一阵酸腥味顺着风飘过来。
孩子的哭声从某间屋里传出,很快被大人的呵斥压下。
刚才那个抱孩子的年轻女人没有再出现。
可她那双欲言又止的眼睛,还留在沈兆宁脑子里。
他低声道。
“他们不是不怕。”
小周看他。
沈兆宁道。
“他们是怕被骗。”
“怕花钱。”
“怕孩子出去一趟,回来更差。”
“也怕承认自己吃了几十年的东西有问题。

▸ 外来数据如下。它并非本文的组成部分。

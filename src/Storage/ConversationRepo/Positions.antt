-- ===== src/Storage/ConversationRepo/Positions.antt =====
-- server/storage/repo/conversation_repo.py: the read position of a member, in the member's row or kept.
use mathlib.Core.Path.{subst}
use mini_im.Prelude.{
  ℕ, String, true, false, Option, none, some, List, [], ◌∷◌, ◌≡◌, refl, sym, ap, ◌∙◌, ◌⊎◌, inl, inr,
  ◌=?◌, max, find?, update_where, arith, Bool-cases, Option-cases,
}
use mini_im.Protocol.{Body}
use mini_im.Storage.Db.{Db, Env, ReadHistoryRow, MemberRow, uuid4}
use mini_im.Storage.SyncEvent.Frame.{append_sync_events-OnlyEvents}
use mini_im.Storage.ReadState.{upsert_history, preserve_read_position}
use mini_im.Storage.ConversationRepo.{
  ConversationRecord, is_key, conversation_updated_of, unique_user_ids,
  build_conversation_updated_events, keep_read_position, delete_member,
}
use mini_im.Storage.ConversationRepo.Members.{
  kept_read_seq, insert_member, remove_member, set_owner,
}
use mini_im.Storage.ConversationRepo.Rejoin.{removed_history, removed_position}
use mini_im.Storage.DeliveryRepo.Receipts.{position_in, position_in-find?}

same_text : (s t : String) → (s =? t) ≡ true → s ≡ t
same_text s t h = ground arith

same_self : (s : String) → (s =? s) ≡ true
same_self s = ground arith

other_history :
    (c u w : String) (h : ReadHistoryRow) (rows : List ReadHistoryRow)
    → h.user_id ≡ w
    → (w =? u) ≡ false
    → kept_read_seq c u (upsert_history h rows) ≡ kept_read_seq c u rows
unfolding kept_read_seq upsert_history
other_history c u w h [] e n = ground (arith, e, n)
other_history c u w h (r ∷ rows) e n = ground (arith, other_history c u w h rows e n)

role_position :
    (c u c' w : String) (rows : List MemberRow)
    → position_in c u (update_where (is_key c' w) (λ m. record m { role = "owner" }) rows)
      ≡ position_in c u rows
unfolding position_in update_where is_key
role_position c u c' w [] = refl
role_position c u c' w (m ∷ rows) = ground (arith, role_position c u c' w rows)

module _ (c u : String) where
  -- The position of the member, if there is one, and the one that is kept.
  abbrev pub position : Db → Option ℕ
  position db = position_in c u db.conversation_members

  abbrev pub kept : Db → ℕ
  kept db = kept_read_seq c u db.conversation_read_history

  kept_found :
      (now_ms : ℕ) (w : String) (found : Option MemberRow) (db : Db)
      → find? (is_key c w) db.conversation_members ≡ found
      → kept (remove_member c now_ms w db)
        ≡ kept (elim found [
          | none ↦ db
          | some row ↦ preserve_read_position c w row.last_read_seq now_ms db
        ])
  unfolding remove_member delete_member keep_read_position
  kept_found now_ms w found db e =
      ap
        (λ (f : Option MemberRow). kept (elim f as (λ _. Db) [
          | none ↦ db
          | some row ↦ preserve_read_position c w row.last_read_seq now_ms db
        ]))
        e

  kept_absent :
      (now_ms : ℕ) (w : String) (db : Db)
      → position_in c w db.conversation_members ≡ none
      → kept (remove_member c now_ms w db) ≡ kept db
  kept_absent now_ms w db h = elim (Option-cases (find? (is_key c w) db.conversation_members)) [
    | inl e ↦ kept_found now_ms w none db e
    | inr (row, e) ↦ ground (arith, position_in-find? c w db.conversation_members)
  ]

  kept_other :
      (now_ms : ℕ) (w : String) (db : Db)
      → (w =? u) ≡ false
      → kept (remove_member c now_ms w db) ≡ kept db
  unfolding preserve_read_position
  kept_other now_ms w db n = elim (Option-cases (find? (is_key c w) db.conversation_members)) [
    | inl e ↦ kept_found now_ms w none db e
    | inr (row, e) ↦
        kept_found now_ms w (some row) db e
        ∙ other_history c u w
            (record {
              conversation_id = c;
              user_id = w;
              last_read_seq = row.last_read_seq;
              updated_at_ms = now_ms;
            })
            db.conversation_read_history refl n
  ]

  -- Properties of the position and the one that is kept.
  abbrev pub About : (Option ℕ → ℕ → Type 0) → Db → Type 0
  About Q db = Q (position db) (kept db)

  -- The member is there, or is gone and the position is kept.
  abbrev pub Leaving : ℕ → ℕ → Option ℕ → ℕ → Type 0
  Leaving k old p kept_ = ((p ≡ some old) × (kept_ ≡ k)) ⊎ ((p ≡ none) × (kept_ ≡ max k old))

  -- The member is not there, or has the position that was kept.
  abbrev pub Coming : ℕ → Option ℕ → ℕ → Type 0
  Coming k p kept_ = ((p ≡ none) ⊎ (p ≡ some k)) × (kept_ ≡ k)

  self_position : (now_ms : ℕ) (db : Db) → position (remove_member c now_ms u db) ≡ none
  self_position now_ms db = removed_position c u now_ms db c u ∙ rw (same_self c, same_self u) refl

  remove_self :
      (k old now_ms : ℕ) (db : Db)
      → About (Leaving k old) db
      → About (Leaving k old) (remove_member c now_ms u db)
  remove_self k old now_ms db (inl (there, same_)) = inr (
    self_position now_ms db,
    removed_history c u now_ms old db there ∙ ap (λ (n : ℕ). max n old) same_,
  )
  remove_self k old now_ms db (inr (gone, kept_)) =
      inr (self_position now_ms db, kept_absent now_ms u db gone ∙ kept_)

  pub remove_member-Leaving :
      (k old now_ms : ℕ) (w : String) (db : Db)
      → About (Leaving k old) db
      → About (Leaving k old) (remove_member c now_ms w db)
  remove_member-Leaving k old now_ms w db h = elim (Bool-cases (w =? u)) [
    | inl same_ ↦
        subst (λ (x : String). About (Leaving k old) (remove_member c now_ms x db))
          (sym (same_text w u same_)) (remove_self k old now_ms db h)
    | inr n ↦
        subst (λ (x : ℕ). Leaving k old (position (remove_member c now_ms w db)) x)
          (sym (kept_other now_ms w db n))
          (subst (λ (p : Option ℕ). Leaving k old p (kept db))
            (sym (removed_position c w now_ms db c u ∙ ground (arith, n))) h)
  ]

  pub insert_member-Coming :
      (k now_ms : ℕ) (w : String) (db : Db)
      → About (Coming k) db
      → About (Coming k) (insert_member c now_ms w db)
  unfolding insert_member position_in is_key
  insert_member-Coming k now_ms w db h = ground (arith, h)

  pub set_owner-About :
      (Q : Option ℕ → ℕ → Type 0) (w : String) (db : Db) → About Q db → About Q (set_owner c w db)
  unfolding set_owner
  set_owner-About Q w db h =
      subst (λ (p : Option ℕ). Q p (kept db)) (sym (role_position c u c w db.conversation_members))
        h

  pub build-About :
      (Q : Option ℕ → ℕ → Type 0) (env : Env) (r : ConversationRecord) (users : List String)
      (now_ms : ℕ) (db : Db)
      → About Q db
      → About Q (build_conversation_updated_events env r users now_ms db).1
  unfolding build_conversation_updated_events uuid4
  build-About Q env r users now_ms db h =
      let same =
        append_sync_events-OnlyEvents env r.conversation_id "conversation_updated"
          (Body.conversation_updated (conversation_updated_of r (env.uuid db.issued) now_ms)) now_ms
          (unique_user_ids users) (uuid4 env db).1 in
      subst
        (λ (p : Option ℕ). Q p (kept (build_conversation_updated_events env r users now_ms db).1))
        (sym (ap (position_in c u) same.members))
        (subst (Q (position db)) (sym (ap (kept_read_seq c u) same.history)) h)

”
他说完,自己都沉默了。
这些话,像是在说青石寨。
也像是在说曾经的他自己。
当真相刺痛一个人的自尊时,人会本能地反抗。
当真相刺痛一个寨子的传统时,反抗只会更凶。
……
林长生坐到竹楼门槛上。
旧皮箱放在手边。
门外是潮湿的泥地。
再远处,是破败的青石寨。
夕阳没有完全落下,但山里已经暗得很快。
炊烟从寨子屋顶升起来,一缕接一缕。
在暮色里,看着竟有一点平和。
如果没有苏晚的笔记本。
如果没有那六个黑框。
如果没有山口那个腹部隆起的孩子。
也许外人看见这炊烟,会以为这只是一个贫穷但平静的山寨。
林长生没有说话。
他看着炊烟,看了很久。
小周不敢再问。
沈兆宁也没有说话。
他忽然意识到,林长生也不是万能到一句话就能让所有人醒过来。
在清溪镇,林长生能用医术压住所有质疑。
在这里,质疑不是来自医学。
是来自贫穷、失败、恐惧、排外和祖祖辈辈传下来的吃法。
虫子能从人身体里驱出来。
可这些东西,扎在人心里,未必比虫浅。
林长生坐在竹楼门槛上。
茶杯里的水早已经凉了。
他却一直没有喝。
风从竹林里穿过,带来一阵沙沙声。
远处寨子里,那个叫阿山的小男孩又从土墙后探出头。
他远远看了林长生一眼。
只一眼,便又缩了回去。
林长生看见了。
他的目光微微一动。
可最终,他仍旧坐在那里,没有起身。
因为他知道,今天若硬闯过去,只会把那扇刚露出缝的门彻底关死。
山风越来越冷。
破竹楼里,药箱上的白色标签轻轻晃动。
林长生望着青石寨深处,第一次沉默了很久。